What you are asked to do ▸ Every line below between the line holding "(length (run begin program).globals.heap.callsites)" and the line holding "abbrev sixty : Call", inclusive, should be repeated exactly, and all other lines omitted.

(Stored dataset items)
========================================================================
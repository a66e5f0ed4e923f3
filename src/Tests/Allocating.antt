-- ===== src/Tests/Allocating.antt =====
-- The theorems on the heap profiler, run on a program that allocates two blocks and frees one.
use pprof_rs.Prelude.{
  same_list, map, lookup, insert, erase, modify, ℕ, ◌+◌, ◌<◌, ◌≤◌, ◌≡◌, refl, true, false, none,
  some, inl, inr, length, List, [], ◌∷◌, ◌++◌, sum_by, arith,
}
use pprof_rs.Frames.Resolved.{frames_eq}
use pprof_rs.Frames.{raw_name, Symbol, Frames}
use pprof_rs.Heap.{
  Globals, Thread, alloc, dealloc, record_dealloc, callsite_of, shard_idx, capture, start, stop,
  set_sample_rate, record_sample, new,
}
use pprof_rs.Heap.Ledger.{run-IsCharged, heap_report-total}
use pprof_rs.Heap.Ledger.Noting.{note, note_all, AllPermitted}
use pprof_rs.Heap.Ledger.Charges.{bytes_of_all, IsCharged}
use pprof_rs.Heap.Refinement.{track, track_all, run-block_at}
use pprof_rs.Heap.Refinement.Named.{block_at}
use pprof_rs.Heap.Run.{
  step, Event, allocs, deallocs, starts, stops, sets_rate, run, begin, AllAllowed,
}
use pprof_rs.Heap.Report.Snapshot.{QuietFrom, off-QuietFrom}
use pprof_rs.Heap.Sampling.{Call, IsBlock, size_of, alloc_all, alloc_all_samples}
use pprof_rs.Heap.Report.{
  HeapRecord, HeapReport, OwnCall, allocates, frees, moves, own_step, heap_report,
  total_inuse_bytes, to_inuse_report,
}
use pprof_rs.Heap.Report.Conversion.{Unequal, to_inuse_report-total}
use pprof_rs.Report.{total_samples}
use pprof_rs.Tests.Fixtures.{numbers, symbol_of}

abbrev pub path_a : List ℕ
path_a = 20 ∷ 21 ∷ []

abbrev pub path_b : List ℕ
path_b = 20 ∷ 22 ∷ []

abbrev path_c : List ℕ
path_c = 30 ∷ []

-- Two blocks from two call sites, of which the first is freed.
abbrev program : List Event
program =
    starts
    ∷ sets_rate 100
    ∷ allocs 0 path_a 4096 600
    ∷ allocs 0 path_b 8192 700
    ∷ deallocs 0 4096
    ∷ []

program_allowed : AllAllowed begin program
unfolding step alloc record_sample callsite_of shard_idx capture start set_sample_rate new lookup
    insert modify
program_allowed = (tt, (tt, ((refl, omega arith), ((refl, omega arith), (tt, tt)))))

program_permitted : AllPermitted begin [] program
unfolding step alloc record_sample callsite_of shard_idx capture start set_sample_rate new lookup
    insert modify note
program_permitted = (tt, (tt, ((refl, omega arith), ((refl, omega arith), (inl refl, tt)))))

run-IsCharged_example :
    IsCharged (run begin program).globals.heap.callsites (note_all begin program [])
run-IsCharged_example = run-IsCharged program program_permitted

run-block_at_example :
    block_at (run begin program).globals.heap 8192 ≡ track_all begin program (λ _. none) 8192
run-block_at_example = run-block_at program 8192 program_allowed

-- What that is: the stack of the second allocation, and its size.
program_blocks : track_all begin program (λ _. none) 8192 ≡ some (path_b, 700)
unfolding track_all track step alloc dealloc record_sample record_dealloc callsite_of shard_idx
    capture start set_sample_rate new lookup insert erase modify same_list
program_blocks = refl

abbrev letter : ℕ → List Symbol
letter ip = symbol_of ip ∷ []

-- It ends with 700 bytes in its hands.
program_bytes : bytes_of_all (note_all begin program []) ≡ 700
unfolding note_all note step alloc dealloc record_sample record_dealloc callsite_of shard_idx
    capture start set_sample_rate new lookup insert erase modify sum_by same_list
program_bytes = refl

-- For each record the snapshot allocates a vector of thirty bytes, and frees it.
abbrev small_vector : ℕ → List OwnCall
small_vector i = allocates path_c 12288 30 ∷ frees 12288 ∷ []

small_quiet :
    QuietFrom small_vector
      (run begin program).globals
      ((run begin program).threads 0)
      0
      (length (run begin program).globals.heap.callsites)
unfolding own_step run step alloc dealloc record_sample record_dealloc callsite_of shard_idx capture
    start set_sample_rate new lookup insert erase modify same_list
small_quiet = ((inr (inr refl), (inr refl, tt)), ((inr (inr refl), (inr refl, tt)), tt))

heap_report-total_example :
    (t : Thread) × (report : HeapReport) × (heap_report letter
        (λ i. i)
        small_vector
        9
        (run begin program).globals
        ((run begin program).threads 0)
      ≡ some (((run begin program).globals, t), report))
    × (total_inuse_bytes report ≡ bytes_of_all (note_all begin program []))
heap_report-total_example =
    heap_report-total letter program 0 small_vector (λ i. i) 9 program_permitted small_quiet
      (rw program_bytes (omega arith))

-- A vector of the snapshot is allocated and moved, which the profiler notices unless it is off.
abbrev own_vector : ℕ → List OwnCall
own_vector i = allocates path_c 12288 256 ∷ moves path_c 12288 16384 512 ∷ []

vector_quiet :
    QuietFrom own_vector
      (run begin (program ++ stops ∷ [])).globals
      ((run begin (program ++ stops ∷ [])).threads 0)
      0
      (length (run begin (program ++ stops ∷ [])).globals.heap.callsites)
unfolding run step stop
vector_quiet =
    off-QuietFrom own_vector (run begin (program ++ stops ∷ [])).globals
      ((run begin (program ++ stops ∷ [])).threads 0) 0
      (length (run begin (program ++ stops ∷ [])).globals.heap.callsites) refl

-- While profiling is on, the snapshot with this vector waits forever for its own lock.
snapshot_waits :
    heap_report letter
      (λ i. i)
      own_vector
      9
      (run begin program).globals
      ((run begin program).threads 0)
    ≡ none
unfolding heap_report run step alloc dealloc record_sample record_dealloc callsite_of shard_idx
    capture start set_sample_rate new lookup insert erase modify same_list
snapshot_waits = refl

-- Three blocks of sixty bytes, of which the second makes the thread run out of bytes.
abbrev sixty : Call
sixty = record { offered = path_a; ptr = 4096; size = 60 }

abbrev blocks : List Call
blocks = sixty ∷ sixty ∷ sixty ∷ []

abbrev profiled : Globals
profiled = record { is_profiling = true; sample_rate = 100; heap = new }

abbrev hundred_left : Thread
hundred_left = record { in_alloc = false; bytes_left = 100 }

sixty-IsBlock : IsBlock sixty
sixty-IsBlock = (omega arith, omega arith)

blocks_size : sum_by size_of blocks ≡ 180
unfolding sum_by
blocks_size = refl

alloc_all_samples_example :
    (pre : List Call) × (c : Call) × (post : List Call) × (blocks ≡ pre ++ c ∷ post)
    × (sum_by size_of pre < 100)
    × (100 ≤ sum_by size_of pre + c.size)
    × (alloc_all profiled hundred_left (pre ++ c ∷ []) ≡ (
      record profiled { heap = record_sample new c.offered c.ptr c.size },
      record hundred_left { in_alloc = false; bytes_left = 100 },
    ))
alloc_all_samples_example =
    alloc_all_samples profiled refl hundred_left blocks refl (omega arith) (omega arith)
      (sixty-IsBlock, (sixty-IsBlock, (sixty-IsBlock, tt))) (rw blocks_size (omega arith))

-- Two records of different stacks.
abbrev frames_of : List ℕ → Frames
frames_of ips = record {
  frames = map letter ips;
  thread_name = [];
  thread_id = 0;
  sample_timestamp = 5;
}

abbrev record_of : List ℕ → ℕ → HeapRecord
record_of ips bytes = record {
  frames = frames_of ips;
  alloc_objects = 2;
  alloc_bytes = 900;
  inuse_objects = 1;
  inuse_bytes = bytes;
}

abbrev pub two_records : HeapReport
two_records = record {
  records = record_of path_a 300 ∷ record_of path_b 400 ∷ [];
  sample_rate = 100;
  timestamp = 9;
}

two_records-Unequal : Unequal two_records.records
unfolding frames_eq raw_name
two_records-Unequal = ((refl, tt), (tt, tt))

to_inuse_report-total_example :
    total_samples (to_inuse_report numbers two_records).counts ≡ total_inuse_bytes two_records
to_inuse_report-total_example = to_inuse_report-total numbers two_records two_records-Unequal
========================================================================
Output of the exercise ▸
      (length (run begin program).globals.heap.callsites)
unfolding own_step run step alloc dealloc record_sample record_dealloc callsite_of shard_idx capture
    start set_sample_rate new lookup insert erase modify same_list
small_quiet = ((inr (inr refl), (inr refl, tt)), ((inr (inr refl), (inr refl, tt)), tt))

heap_report-total_example :
    (t : Thread) × (report : HeapReport) × (heap_report letter
        (λ i. i)
        small_vector
        9
        (run begin program).globals
        ((run begin program).threads 0)
      ≡ some (((run begin program).globals, t), report))
    × (total_inuse_bytes report ≡ bytes_of_all (note_all begin program []))
heap_report-total_example =
    heap_report-total letter program 0 small_vector (λ i. i) 9 program_permitted small_quiet
      (rw program_bytes (omega arith))

-- A vector of the snapshot is allocated and moved, which the profiler notices unless it is off.
abbrev own_vector : ℕ → List OwnCall
own_vector i = allocates path_c 12288 256 ∷ moves path_c 12288 16384 512 ∷ []

vector_quiet :
    QuietFrom own_vector
      (run begin (program ++ stops ∷ [])).globals
      ((run begin (program ++ stops ∷ [])).threads 0)
      0
      (length (run begin (program ++ stops ∷ [])).globals.heap.callsites)
unfolding run step stop
vector_quiet =
    off-QuietFrom own_vector (run begin (program ++ stops ∷ [])).globals
      ((run begin (program ++ stops ∷ [])).threads 0) 0
      (length (run begin (program ++ stops ∷ [])).globals.heap.callsites) refl

-- While profiling is on, the snapshot with this vector waits forever for its own lock.
snapshot_waits :
    heap_report letter
      (λ i. i)
      own_vector
      9
      (run begin program).globals
      ((run begin program).threads 0)
    ≡ none
unfolding heap_report run step alloc dealloc record_sample record_dealloc callsite_of shard_idx
    capture start set_sample_rate new lookup insert erase modify same_list
snapshot_waits = refl

-- Three blocks of sixty bytes, of which the second makes the thread run out of bytes.
abbrev sixty : Call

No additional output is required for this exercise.